Wikipedia is using (some) generative AI now

cm0002@lemmy.world · 8 months ago

Wikipedia is using (some) generative AI now

randon31415@lemmy.world · 8 months ago

Wikipedia had bots writing US census gathering-place articles in 2002, 20 years before LLMs were a thing. They’ve got decades of regulations in place, so I am not scared that the quality is going to drop.

F/15/Cali@threads.net@sh.itjust.works · 8 months ago

Remember to download a backup while information quality is still passable

https://dumps.wikimedia.org/backup-index.html

Voyajer@lemmy.world · 8 months ago

It’s not for use in editing articles.

Chozo@fedia.io · 8 months ago

Do these backups also contain the edit histories?

chameleon@fedia.io · 8 months ago

There are both dumps with full history and ones that are just the current set of articles. The full dump happens once a month on the 1st, but will often take ~2 weeks to run to completion, so you probably have to look back to the April 1 2025 dump for those. The metawiki dumps page has all the info.

doodledup@lemmy.world · 8 months ago

Haters gon hate

LupusBlackfur@lemmy.world · 8 months ago

…nothing could possibly go worng!..

(Some of you may remember the original Westworld 1sheet…)

Xanza@lemm.ee · 8 months ago

Wikipedia generally a really good candidate for generative AI.

RandomVideos@programming.dev · 8 months ago

Generative AI suffers from inaccuracy; text AI generators making up believable lies if it doesnt have enough information

Xanza@lemm.ee · edit-2 8 months ago

The idea of generative AI isn’t accuracy, so that’s pretty expected.

Generative AI is designed to be used with a content base and expand on information, not to create new information. You can feed generative AI with the entirety of the current Wikipedia text source and have it expand on subjects which need it, and curtail and simplify other subjects which need it.

You don’t ask generative AI to come up with new information–that’s how you get inaccurate information.

text AI generators making up believable lies if it doesnt have enough information

Let’s not anthropomorphize AI. It doesn’t lie. It uses available data to expand on a subject to make it conversationally complete when it lacks sufficient information on a subject, regardless of whether or not the context is correct. That’s completely different, and you can specifically prohibit an AI from doing that…

AI is great when used appropriately. The issue is that people are using AI as a Google replacement, something it’s not designed to do. AI isn’t a fact engine. LLMs are designed to as closely resemble human speech as possible, not to give correct information to questions. People’s issue with AI is that they’re fucking using it wrong.

This is an exceptionally great usage of AI because you already have the required factual background knowledge. You can simply feed it to your AI telling it not to fill in any gaps and to rewrite articles to be more uniform and to have direct and easy to consume verbiage. This instance is quite literally what generative AI was designed for…to use factual knowledge and to generate context around the existing data.
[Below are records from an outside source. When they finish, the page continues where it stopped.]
-- ===== src/Keystore/Unlocking.antt =====
-- `create`, `unlock` and `private_keys` of client/src/crypto/keystore.py.
use cs4455_epic.Base.{
  ◌+◌, ◌≡◌, refl, ap, ◌∙◌, some, none, [], ◌∷◌, ◌++◌, arith, length, take-append, drop-append,
  take_all,
}
use cs4455_epic.Base.Dict.{lookup}
use cs4455_epic.Base.Text.{Str, Bytes, lit}
use cs4455_epic.Codec.Base64.{b64encode, b64decode, b64decode-b64encode}
use cs4455_epic.Errors.{Exc, ok, err}
use cs4455_epic.Env.{Env, IsLawful}
use cs4455_epic.Py.{FileData, State, PrivateKeys}
use cs4455_epic.Crypto.Kdf.{derive_kek}
use cs4455_epic.Crypto.Aead
use cs4455_epic.Crypto.Signing
use cs4455_epic.Crypto.Wire.{decode_text}
use cs4455_epic.Keystore.{
  keystore_aad, archive_info, split_keys, create, unlock, private_keys, public_keys, archive_key,
}
use cs4455_epic.Keystore.Files.{blank, save, load, exists}
use cs4455_epic.Keystore.Loading.{Holds, Holds-save}
use cs4455_epic.Keystore.Atomic.{save_frame}

-- A keystore file that opens under a password to a 64-byte plaintext.
pub record Opens (E : Env) (password : Str) (d : FileData) (plaintext : Bytes) : Type 0 where
  pub salt : Bytes
  pub nonce : Bytes
  pub ciphertext : Bytes
  pub salt_text : d.salt ≡ some (b64encode salt)
  pub nonce_text : d.nonce ≡ some (b64encode nonce)
  pub ciphertext_text : d.ciphertext ≡ some (b64encode ciphertext)
  pub salt_read : b64decode (b64encode salt) ≡ some salt
  pub nonce_read : b64decode (b64encode nonce) ≡ some nonce
  pub ciphertext_read : b64decode (b64encode ciphertext) ≡ some ciphertext
  pub opened :
      E.aesgcm_decrypt (derive_kek E password salt) nonce ciphertext keystore_aad ≡ ok plaintext

module _ (E : Env) (L : IsLawful E) where
  pub length-derive_kek : (password : Str) (salt : Bytes) → length (derive_kek E password salt) ≡ 32
  unfolding derive_kek
  length-derive_kek password salt = L.length-hkdf_expand 32 _ _ (omega arith)

  -- A file that opens under the password unlocks to its two private keys.
  pub unlock-Opens :
      (password : Str) (d : FileData) (plaintext : Bytes) (s : State)
      → Holds s d
      → (o : Opens E password d plaintext)
      → unlock E password s ≡ (
        ok tt,
        record s {
          keystore = record s.keystore {
            kek = some (derive_kek E password o.salt);
            keys = some (split_keys plaintext);
          };
        },
      )
  unfolding unlock Aead.decrypt decode_text
  unlock-Opens password d plaintext s h o = ground (arith, length-derive_kek password o.salt)

  -- What `create` leaves, when no file was there.
  abbrev pub made_salt : State → Bytes
  made_salt s = E.urandom s.drawn 16

  abbrev pub made_x : State → Bytes
  made_x s = E.generate_private (s.drawn + 1)

  abbrev pub made_ed : State → Bytes
  made_ed s = E.generate_private (s.drawn + 1 + 1)

  abbrev made_nonce : State → Bytes
  made_nonce s = E.urandom (s.drawn + 1 + 1 + 1) 12

  abbrev made_ciphertext : Str → State → Bytes
  made_ciphertext password s =
      E.aesgcm_encrypt (derive_kek E password (made_salt s)) (made_nonce s) (made_x s ++ made_ed s)
        keystore_aad

  abbrev pub made_data : Str → State → FileData
  made_data password s = record blank {
    version = some 1;
    salt = some (b64encode (made_salt s));
    nonce = some (b64encode (made_nonce s));
    ciphertext = some (b64encode (made_ciphertext password s));
    pub_x25519 = some (b64encode (E.x25519_public (made_x s)));
    pub_ed25519 = some (b64encode (E.ed25519_public (made_ed s)));
    peers = some [];
  }

  abbrev pub half_made : Str → State → State
  half_made password s = record s {
    drawn = s.drawn + 1 + 1 + 1 + 1;
    keystore = record s.keystore { kek = some (derive_kek E password (made_salt s)) };
  }

  pub create-eq :
      (password : Str) (s : State)
      → lookup s.keystore.path s.files ≡ none
      → create E password s ≡ save E (made_data password s) (half_made password s)
  unfolding create exists Aead.urandom Signing.generate_keypair Aead.encrypt
  create-eq password s absent = ground (arith, length-derive_kek password (made_salt s))

  pub Holds-create :
      (password : Str) (s : State)
      → lookup s.keystore.path s.files ≡ none
      → Holds (create E password s).1 (made_data password s)
  Holds-create password s absent =
      rw (create-eq password s absent)
        (Holds-save E (made_data password s) (half_made password s) refl)

  pub create-Opens :
      (password : Str) (s : State) → Opens E password (made_data password s) (made_x s ++ made_ed s)
  create-Opens password s = record {
    salt = made_salt s;
    nonce = made_nonce s;
    ciphertext = made_ciphertext password s;
    salt_text = refl;
    nonce_text = refl;
    ciphertext_text = refl;
    salt_read = b64decode-b64encode (made_salt s) (L.urandom_bytes _ _);
    nonce_read = b64decode-b64encode (made_nonce s) (L.urandom_bytes _ _);
    ciphertext_read = b64decode-b64encode (made_ciphertext password s) (L.encrypt_bytes _ _ _ _);
    opened =
        L.decrypt-encrypt _ (made_nonce s) (made_x s ++ made_ed s) keystore_aad
          (length-derive_kek password (made_salt s));
  }

  pub salt-create-Opens :
      (password : Str) (s : State) → (create-Opens password s).salt ≡ made_salt s
  unfolding create-Opens
  salt-create-Opens password s = refl

  split-made :
      (s : State)
      → split_keys (made_x s ++ made_ed s) ≡ record { x25519 = made_x s; ed25519 = made_ed s }
  split-made s = ground (
    arith,
    take-append 32 (made_x s) (made_ed s) (L.length-generate_private _),
    drop-append 32 (made_x s) (made_ed s) (L.length-generate_private _),
    take_all 32 (made_ed s) (L.length-generate_private _),
  )

  -- Where no keystore is, creating one succeeds; unlocking it with the same password succeeds
  -- and gives private keys whose public keys are the ones that the file publishes.
  pub unlock-create :
      (password : Str) (s : State)
      → lookup s.keystore.path s.files ≡ none
      → let t = (create E password s).1 in
        let u = (unlock E password t).1 in
        (keys : PrivateKeys) × ((create E password s).0 ≡ ok tt)
        × ((unlock E password t).0 ≡ ok tt)
        × ((private_keys u).0 ≡ ok keys)
        × ((public_keys u).0
            ≡ ok (
                (lit "x25519", b64encode (E.x25519_public keys.x25519))
                ∷ (lit "ed25519", b64encode (E.ed25519_public keys.ed25519))
                ∷ []))
  unfolding private_keys public_keys load
  unlock-create password s absent =
      let held = Holds-create password s absent in
      let opened =
        unlock-Opens password (made_data password s) (made_x s ++ made_ed s) (create E password s).1
          held (create-Opens password s) in
      (
        record { x25519 = made_x s; ed25519 = made_ed s },
        ap (λ r. r.0) (create-eq password s absent) ∙ (save_frame E _ _).0,
        ap (λ r. r.0) opened,
        ground (arith, opened, split-made s),
        ground (arith, opened, held),
      )

module _ (E : Env) (L : IsLawful E) (password : Str) (d : FileData) (s : State)
    (salt nonce ciphertext : Bytes) {e : Exc} (holds : Holds s d) where
  -- A failed unlock raises and opens no private key, but the key-encryption key of the wrong
  -- password stays in memory: the archive key is then derived from it without an error.
  pub unlock_wrong_password :
      d.salt ≡ some (b64encode salt)
      → d.nonce ≡ some (b64encode nonce)
      → d.ciphertext ≡ some (b64encode ciphertext)
      → b64decode (b64encode salt) ≡ some salt
      → b64decode (b64encode nonce) ≡ some nonce
      → b64decode (b64encode ciphertext) ≡ some ciphertext
      → E.aesgcm_decrypt (derive_kek E password salt) nonce ciphertext keystore_aad ≡ err e
      → let t = (unlock E password s).1 in
        ((unlock E password s).0 ≡ err e)
        × (t.keystore.keys ≡ s.keystore.keys)
        × ((archive_key E t).0 ≡ ok (E.hkdf_expand 32 archive_info (derive_kek E password salt)))
  unfolding unlock Aead.decrypt decode_text archive_key
  unlock_wrong_password a b c a' b' c' wrong =
      let size = length-derive_kek E L password salt in (ground arith, ground arith, ground arith)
Issues arise when you use AI for things other than what it was intended, and you don’t give it enough information and it has to generate information to complete datasets. AI will do what you ask, you just have to know how to ask it. That’s why AI prompt engineers are a thing.

sugar_in_your_tea@sh.itjust.works · 8 months ago

Exactly. At work, my team kinda sucks at communication but great w/ facts (we’re engineers, go figure), so they use gen AI to turn facts into nicer-to-read documentation and communication (i.e. personal reviews, emails, documentation, etc). The process is relatively smooth:

generate all the facts in a rough form
ask AI to reword it for whatever purpose
edit it a bit to correct any issues
if needed, ask a coworker to quickly review it

For that task, it works pretty well.

Xanza@lemm.ee · 7 months ago

I also use it for this. Sometimes I can get pretty draconian with my speech, so I feed my long winded responses into AI, and pull out a more readable responses. I even have AI write pull requests sometimes. Works great.

RandomVideos@programming.dev · 8 months ago

I still fear that mistakes may slip through, but those can be spotted if multiple people check the text

There are wikipedia pages that are really obscure(especially from pages that are not in english) and that nobody would probably check to verify its correct

Xanza@lemm.ee · 7 months ago

I still fear that mistakes may slip through

Wikipedia is moderated by real people, so this is a non-issue. The fault tolerance for Wikipedia will be the same from AI vs People because it’s moderated by the same people regardless of where the content comes from.